▶ [YOUR TASK]: Which lines of the entries below run from the one holding "let (sum, rest)" to the one holding "complement16 n = 65535 - n", inclusive? Set down exactly those lines and no others.

▶ [Items from a data source]:
● ● ●
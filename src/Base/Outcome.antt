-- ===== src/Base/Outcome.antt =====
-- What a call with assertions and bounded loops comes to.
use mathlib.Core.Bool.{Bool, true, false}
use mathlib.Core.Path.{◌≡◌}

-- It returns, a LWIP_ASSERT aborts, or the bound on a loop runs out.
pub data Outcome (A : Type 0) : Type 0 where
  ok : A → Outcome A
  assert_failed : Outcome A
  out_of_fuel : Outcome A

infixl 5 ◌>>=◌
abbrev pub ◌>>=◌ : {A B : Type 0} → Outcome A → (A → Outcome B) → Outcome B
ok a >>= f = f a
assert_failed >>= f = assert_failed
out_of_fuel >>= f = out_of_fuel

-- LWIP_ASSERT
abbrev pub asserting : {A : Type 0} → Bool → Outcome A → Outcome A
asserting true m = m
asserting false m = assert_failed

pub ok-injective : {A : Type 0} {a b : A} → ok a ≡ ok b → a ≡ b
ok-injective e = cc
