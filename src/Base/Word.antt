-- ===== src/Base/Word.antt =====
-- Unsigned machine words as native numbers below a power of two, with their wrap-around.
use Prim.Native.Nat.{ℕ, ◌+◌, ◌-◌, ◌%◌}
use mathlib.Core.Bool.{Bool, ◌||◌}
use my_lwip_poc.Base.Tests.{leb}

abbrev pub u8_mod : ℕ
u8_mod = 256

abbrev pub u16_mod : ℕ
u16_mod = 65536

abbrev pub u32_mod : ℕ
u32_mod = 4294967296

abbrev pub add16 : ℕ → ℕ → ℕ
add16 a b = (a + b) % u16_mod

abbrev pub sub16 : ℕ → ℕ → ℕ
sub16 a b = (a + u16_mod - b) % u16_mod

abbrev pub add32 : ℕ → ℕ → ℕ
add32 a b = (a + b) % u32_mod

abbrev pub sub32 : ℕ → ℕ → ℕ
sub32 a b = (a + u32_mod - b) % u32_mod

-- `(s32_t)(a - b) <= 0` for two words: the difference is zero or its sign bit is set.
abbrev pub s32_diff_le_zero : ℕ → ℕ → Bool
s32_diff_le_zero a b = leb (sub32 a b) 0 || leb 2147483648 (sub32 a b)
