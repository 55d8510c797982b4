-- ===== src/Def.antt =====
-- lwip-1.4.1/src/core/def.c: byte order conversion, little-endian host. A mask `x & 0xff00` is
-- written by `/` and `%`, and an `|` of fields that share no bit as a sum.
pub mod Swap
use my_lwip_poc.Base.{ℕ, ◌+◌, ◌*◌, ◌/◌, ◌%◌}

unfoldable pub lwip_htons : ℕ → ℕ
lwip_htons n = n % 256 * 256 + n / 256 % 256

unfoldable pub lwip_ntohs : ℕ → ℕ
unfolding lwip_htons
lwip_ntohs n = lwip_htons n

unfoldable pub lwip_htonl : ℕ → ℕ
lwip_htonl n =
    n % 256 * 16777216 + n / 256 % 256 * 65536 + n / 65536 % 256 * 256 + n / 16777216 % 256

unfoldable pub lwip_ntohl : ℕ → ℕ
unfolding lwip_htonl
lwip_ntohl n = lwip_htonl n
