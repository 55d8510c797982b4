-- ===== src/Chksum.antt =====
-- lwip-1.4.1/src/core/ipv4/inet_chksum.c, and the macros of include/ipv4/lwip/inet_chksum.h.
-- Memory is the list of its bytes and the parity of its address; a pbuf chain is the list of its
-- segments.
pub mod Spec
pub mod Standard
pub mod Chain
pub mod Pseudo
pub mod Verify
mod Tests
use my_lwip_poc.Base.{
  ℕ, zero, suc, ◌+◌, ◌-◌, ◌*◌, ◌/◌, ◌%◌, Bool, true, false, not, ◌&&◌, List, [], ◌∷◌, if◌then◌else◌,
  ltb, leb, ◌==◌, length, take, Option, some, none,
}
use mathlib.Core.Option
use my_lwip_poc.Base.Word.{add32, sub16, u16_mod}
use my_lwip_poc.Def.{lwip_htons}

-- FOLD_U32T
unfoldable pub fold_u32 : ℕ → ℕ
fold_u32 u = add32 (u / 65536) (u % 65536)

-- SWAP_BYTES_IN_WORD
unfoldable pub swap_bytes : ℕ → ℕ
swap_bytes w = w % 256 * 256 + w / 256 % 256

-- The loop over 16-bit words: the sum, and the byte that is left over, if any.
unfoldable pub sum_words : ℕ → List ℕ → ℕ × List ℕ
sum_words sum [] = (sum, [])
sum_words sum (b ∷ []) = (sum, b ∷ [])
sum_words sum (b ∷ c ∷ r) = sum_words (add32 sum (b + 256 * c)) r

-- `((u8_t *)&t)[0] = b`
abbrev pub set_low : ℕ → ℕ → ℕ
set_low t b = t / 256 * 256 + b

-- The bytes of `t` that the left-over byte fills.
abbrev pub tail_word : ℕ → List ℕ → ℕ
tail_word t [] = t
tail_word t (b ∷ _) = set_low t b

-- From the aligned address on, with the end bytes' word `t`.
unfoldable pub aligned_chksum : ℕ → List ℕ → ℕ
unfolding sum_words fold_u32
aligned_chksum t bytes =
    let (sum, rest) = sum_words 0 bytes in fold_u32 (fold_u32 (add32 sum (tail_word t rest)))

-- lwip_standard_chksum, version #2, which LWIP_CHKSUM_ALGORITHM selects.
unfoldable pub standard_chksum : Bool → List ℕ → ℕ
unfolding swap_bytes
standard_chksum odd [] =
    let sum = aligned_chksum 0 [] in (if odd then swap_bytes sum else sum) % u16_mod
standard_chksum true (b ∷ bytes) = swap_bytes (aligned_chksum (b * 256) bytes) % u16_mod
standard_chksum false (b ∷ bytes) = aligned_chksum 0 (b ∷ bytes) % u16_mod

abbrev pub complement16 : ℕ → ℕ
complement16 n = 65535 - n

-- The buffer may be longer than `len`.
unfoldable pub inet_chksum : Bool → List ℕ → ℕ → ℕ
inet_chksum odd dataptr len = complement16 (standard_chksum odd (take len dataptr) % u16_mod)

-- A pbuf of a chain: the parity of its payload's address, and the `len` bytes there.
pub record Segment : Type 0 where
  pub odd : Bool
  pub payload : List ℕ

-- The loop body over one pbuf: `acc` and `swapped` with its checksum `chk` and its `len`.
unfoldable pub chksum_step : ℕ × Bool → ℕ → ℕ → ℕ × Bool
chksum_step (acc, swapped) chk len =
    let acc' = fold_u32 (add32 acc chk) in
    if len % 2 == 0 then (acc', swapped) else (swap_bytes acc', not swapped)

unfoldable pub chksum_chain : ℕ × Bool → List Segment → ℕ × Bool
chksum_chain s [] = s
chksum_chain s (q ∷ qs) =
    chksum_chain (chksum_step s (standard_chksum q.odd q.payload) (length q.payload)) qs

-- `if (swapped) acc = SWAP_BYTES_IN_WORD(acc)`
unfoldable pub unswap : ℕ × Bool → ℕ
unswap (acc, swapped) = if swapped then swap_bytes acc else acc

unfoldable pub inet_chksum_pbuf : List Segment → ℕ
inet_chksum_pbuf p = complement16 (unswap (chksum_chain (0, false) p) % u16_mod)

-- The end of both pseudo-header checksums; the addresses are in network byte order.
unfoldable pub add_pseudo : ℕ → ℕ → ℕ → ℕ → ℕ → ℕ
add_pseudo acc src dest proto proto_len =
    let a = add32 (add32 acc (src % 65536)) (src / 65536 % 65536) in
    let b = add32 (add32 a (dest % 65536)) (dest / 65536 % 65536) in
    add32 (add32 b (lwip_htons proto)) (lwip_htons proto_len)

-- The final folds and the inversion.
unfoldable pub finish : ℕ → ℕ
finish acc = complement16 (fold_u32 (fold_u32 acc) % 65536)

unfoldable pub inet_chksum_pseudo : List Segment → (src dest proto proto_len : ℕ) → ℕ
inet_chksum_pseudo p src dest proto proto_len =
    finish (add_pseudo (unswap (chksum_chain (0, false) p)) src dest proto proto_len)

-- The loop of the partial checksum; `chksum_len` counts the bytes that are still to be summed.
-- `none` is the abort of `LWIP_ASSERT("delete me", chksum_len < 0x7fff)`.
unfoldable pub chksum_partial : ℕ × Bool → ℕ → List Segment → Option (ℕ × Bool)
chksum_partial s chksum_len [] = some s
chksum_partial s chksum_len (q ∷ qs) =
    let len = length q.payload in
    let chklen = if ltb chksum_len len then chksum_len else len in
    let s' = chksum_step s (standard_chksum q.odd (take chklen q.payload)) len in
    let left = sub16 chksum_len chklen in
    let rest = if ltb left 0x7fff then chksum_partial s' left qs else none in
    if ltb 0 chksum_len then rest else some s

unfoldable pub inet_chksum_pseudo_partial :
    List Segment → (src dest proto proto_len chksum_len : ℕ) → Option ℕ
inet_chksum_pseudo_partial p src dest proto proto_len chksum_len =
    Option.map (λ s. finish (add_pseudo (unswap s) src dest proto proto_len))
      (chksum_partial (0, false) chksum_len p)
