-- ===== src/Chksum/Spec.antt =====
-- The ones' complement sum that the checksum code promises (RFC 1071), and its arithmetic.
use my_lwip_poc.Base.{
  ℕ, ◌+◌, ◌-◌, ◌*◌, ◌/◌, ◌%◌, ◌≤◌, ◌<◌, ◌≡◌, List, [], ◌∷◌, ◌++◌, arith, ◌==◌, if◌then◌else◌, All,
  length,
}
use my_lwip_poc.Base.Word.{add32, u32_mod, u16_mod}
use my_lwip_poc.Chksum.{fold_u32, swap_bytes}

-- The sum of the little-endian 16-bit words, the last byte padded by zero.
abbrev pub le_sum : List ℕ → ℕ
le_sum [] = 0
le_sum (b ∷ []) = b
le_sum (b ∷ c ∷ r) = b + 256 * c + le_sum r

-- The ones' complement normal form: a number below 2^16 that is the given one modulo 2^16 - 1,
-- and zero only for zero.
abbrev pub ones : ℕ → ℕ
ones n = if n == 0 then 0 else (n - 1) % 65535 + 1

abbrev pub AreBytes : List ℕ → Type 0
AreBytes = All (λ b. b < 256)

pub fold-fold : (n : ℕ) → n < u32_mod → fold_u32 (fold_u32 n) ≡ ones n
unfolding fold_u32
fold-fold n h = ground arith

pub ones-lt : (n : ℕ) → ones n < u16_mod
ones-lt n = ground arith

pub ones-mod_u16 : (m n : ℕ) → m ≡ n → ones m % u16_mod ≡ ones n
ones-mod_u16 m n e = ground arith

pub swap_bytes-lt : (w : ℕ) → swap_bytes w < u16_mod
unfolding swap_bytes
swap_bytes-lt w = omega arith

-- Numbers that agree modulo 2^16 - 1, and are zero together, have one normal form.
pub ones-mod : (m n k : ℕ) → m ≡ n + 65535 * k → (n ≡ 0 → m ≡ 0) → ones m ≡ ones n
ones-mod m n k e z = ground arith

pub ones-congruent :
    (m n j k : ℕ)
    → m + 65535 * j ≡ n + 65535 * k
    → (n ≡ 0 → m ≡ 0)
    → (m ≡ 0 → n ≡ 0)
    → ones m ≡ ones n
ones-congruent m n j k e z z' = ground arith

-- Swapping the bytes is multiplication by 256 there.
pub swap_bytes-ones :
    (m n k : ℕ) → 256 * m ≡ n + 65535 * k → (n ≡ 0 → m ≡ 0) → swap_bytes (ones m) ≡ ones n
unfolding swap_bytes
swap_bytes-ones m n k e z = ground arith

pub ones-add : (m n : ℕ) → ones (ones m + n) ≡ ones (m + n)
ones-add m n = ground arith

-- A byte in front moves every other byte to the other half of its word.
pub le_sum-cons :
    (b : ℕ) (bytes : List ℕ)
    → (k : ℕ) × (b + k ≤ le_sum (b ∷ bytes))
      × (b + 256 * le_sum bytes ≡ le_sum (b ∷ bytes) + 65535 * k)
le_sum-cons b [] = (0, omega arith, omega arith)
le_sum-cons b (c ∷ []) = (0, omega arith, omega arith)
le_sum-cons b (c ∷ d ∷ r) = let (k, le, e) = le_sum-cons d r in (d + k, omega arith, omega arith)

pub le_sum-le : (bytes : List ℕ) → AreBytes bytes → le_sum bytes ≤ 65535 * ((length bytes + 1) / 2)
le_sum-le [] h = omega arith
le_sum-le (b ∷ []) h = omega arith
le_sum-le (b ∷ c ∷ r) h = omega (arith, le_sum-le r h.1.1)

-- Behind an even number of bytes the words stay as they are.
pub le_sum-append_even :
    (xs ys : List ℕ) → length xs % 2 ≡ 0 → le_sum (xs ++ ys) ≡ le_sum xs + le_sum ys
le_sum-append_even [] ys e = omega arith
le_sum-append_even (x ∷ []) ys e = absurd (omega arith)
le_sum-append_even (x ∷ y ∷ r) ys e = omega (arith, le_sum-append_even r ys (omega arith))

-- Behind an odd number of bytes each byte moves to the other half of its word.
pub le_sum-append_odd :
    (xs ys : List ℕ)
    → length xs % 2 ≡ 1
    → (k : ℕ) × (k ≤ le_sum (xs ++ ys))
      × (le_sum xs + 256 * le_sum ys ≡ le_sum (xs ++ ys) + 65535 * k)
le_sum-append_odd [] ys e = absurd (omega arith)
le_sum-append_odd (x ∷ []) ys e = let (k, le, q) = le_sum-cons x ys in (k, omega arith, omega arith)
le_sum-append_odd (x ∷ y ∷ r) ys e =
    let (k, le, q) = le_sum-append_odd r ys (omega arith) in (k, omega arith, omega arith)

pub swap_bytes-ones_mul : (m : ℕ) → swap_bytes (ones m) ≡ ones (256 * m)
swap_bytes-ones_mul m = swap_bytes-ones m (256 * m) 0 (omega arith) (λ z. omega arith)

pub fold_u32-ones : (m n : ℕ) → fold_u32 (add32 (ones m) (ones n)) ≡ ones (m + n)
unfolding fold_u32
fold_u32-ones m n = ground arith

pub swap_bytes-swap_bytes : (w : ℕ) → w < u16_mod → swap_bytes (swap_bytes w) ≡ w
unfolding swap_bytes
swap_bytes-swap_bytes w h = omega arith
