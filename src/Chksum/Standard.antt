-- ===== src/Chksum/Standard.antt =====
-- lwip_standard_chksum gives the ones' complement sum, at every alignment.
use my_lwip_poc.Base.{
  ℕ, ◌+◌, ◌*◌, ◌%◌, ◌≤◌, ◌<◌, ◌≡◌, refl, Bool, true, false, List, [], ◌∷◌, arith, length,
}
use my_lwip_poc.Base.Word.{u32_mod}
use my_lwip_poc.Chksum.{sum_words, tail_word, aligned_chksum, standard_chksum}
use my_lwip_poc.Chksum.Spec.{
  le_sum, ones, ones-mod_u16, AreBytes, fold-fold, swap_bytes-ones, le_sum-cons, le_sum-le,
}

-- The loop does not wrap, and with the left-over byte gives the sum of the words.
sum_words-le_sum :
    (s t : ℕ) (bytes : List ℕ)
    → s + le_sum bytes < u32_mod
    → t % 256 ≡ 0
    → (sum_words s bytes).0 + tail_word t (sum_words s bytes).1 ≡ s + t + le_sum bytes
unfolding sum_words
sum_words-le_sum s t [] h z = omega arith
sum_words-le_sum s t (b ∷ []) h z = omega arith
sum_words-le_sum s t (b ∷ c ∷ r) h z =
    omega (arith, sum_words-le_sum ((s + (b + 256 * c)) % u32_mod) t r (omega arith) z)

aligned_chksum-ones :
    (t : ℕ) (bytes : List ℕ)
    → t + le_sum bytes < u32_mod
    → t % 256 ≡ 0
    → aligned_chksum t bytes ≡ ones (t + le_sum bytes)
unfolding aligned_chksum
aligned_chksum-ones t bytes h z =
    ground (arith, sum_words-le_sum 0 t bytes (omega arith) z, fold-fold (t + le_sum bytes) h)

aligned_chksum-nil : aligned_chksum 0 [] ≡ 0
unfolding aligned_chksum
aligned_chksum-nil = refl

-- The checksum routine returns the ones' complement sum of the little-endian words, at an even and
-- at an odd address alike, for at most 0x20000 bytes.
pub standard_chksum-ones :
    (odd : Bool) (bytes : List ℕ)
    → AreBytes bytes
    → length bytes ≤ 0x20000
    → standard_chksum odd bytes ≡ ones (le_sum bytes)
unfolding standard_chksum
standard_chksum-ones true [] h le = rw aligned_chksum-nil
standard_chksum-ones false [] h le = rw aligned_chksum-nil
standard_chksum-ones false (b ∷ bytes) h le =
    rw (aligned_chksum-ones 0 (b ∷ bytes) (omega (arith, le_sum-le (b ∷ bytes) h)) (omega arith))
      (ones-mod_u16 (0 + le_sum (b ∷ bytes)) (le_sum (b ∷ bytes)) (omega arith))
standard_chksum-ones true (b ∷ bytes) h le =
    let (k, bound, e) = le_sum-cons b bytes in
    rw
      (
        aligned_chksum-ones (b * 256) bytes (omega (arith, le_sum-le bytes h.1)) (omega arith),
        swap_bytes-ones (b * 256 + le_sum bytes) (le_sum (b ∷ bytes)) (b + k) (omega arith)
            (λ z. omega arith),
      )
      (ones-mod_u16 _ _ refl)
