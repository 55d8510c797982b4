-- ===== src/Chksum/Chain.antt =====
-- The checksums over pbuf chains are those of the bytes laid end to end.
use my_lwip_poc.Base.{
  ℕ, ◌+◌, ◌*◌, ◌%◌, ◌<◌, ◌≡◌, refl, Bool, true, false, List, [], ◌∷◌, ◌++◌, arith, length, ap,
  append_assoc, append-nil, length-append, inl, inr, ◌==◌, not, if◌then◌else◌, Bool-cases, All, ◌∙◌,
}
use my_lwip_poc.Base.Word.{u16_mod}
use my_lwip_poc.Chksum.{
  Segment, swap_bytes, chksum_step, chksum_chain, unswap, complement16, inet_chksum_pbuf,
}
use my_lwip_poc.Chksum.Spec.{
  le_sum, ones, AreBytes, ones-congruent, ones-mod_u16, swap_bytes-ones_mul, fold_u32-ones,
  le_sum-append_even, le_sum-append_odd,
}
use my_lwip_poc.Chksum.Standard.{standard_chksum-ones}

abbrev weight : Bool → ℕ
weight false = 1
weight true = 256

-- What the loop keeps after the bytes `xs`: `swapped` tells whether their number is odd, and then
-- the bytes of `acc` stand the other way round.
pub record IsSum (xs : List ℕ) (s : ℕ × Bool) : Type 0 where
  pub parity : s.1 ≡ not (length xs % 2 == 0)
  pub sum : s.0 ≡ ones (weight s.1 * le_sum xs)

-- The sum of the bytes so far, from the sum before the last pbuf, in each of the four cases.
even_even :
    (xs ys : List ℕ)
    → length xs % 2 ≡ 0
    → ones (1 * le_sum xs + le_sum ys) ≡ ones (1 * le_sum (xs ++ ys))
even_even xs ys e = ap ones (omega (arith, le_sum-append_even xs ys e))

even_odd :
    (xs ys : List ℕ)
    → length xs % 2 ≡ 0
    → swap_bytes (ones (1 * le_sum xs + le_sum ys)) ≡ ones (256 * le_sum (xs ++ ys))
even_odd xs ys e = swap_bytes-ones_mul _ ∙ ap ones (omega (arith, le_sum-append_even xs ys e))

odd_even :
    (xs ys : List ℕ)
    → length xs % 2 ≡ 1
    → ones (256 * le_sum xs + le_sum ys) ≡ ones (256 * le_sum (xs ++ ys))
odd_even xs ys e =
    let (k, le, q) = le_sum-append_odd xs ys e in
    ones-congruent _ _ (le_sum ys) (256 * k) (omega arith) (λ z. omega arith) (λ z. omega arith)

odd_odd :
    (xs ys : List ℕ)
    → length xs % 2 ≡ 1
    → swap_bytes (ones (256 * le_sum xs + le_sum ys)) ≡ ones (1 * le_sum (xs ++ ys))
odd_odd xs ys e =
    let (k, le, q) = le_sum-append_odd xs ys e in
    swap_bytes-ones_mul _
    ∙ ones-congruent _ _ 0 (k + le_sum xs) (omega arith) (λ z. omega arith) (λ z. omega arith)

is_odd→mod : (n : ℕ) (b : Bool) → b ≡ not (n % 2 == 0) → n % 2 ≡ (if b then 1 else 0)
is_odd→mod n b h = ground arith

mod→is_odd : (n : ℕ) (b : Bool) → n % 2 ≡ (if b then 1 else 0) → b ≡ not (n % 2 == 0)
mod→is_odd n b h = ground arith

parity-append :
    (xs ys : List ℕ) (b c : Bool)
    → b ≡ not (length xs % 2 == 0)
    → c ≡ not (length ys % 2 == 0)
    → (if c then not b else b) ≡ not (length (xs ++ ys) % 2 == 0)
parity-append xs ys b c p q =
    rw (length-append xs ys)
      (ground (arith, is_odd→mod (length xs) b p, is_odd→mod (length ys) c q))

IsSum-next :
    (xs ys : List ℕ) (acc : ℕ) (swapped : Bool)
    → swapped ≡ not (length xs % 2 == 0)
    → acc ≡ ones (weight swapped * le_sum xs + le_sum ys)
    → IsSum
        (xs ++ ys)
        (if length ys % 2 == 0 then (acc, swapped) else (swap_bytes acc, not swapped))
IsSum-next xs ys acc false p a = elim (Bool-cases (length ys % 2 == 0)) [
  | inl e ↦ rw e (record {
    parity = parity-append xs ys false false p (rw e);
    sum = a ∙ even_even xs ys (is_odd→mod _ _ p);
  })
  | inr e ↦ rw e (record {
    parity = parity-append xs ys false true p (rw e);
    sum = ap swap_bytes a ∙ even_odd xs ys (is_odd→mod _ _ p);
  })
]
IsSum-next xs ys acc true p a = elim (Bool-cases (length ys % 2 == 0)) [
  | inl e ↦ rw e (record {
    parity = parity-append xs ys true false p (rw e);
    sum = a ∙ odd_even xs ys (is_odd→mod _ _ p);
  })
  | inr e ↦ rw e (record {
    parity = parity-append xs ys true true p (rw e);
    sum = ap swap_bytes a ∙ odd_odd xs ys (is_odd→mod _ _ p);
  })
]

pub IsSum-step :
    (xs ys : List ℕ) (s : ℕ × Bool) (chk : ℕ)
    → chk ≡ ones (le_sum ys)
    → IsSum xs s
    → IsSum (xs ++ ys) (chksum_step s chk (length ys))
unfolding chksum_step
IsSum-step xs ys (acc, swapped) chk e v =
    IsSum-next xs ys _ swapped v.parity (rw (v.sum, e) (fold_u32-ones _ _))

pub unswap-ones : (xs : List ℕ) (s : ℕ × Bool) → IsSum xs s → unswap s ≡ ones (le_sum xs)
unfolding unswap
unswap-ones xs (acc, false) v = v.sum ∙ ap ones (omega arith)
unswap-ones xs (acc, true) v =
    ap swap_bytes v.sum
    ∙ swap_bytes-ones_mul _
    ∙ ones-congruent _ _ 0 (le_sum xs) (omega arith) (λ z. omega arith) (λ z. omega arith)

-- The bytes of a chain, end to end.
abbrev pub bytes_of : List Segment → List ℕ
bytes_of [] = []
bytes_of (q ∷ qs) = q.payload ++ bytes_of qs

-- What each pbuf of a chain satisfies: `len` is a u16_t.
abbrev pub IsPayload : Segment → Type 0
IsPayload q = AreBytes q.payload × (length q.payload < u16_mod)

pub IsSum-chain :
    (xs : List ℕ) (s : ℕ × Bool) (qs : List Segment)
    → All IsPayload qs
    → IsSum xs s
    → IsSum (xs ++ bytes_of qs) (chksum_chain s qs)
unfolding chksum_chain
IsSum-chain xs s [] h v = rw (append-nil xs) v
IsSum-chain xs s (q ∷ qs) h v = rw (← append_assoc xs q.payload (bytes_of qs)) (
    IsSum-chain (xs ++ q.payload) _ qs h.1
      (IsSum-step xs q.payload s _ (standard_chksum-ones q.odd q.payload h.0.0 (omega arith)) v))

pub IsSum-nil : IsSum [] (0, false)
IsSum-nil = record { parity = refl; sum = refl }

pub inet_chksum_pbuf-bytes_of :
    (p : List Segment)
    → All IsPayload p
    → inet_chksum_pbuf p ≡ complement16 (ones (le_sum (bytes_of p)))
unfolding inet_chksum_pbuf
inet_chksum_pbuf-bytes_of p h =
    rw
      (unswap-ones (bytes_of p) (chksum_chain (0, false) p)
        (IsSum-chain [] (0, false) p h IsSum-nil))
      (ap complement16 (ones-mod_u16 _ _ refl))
● ● ●
▶ [PROBLEM SOLUTION]:
    let (sum, rest) = sum_words 0 bytes in fold_u32 (fold_u32 (add32 sum (tail_word t rest)))

-- lwip_standard_chksum, version #2, which LWIP_CHKSUM_ALGORITHM selects.
unfoldable pub standard_chksum : Bool → List ℕ → ℕ
unfolding swap_bytes
standard_chksum odd [] =
    let sum = aligned_chksum 0 [] in (if odd then swap_bytes sum else sum) % u16_mod
standard_chksum true (b ∷ bytes) = swap_bytes (aligned_chksum (b * 256) bytes) % u16_mod
standard_chksum false (b ∷ bytes) = aligned_chksum 0 (b ∷ bytes) % u16_mod

abbrev pub complement16 : ℕ → ℕ
complement16 n = 65535 - n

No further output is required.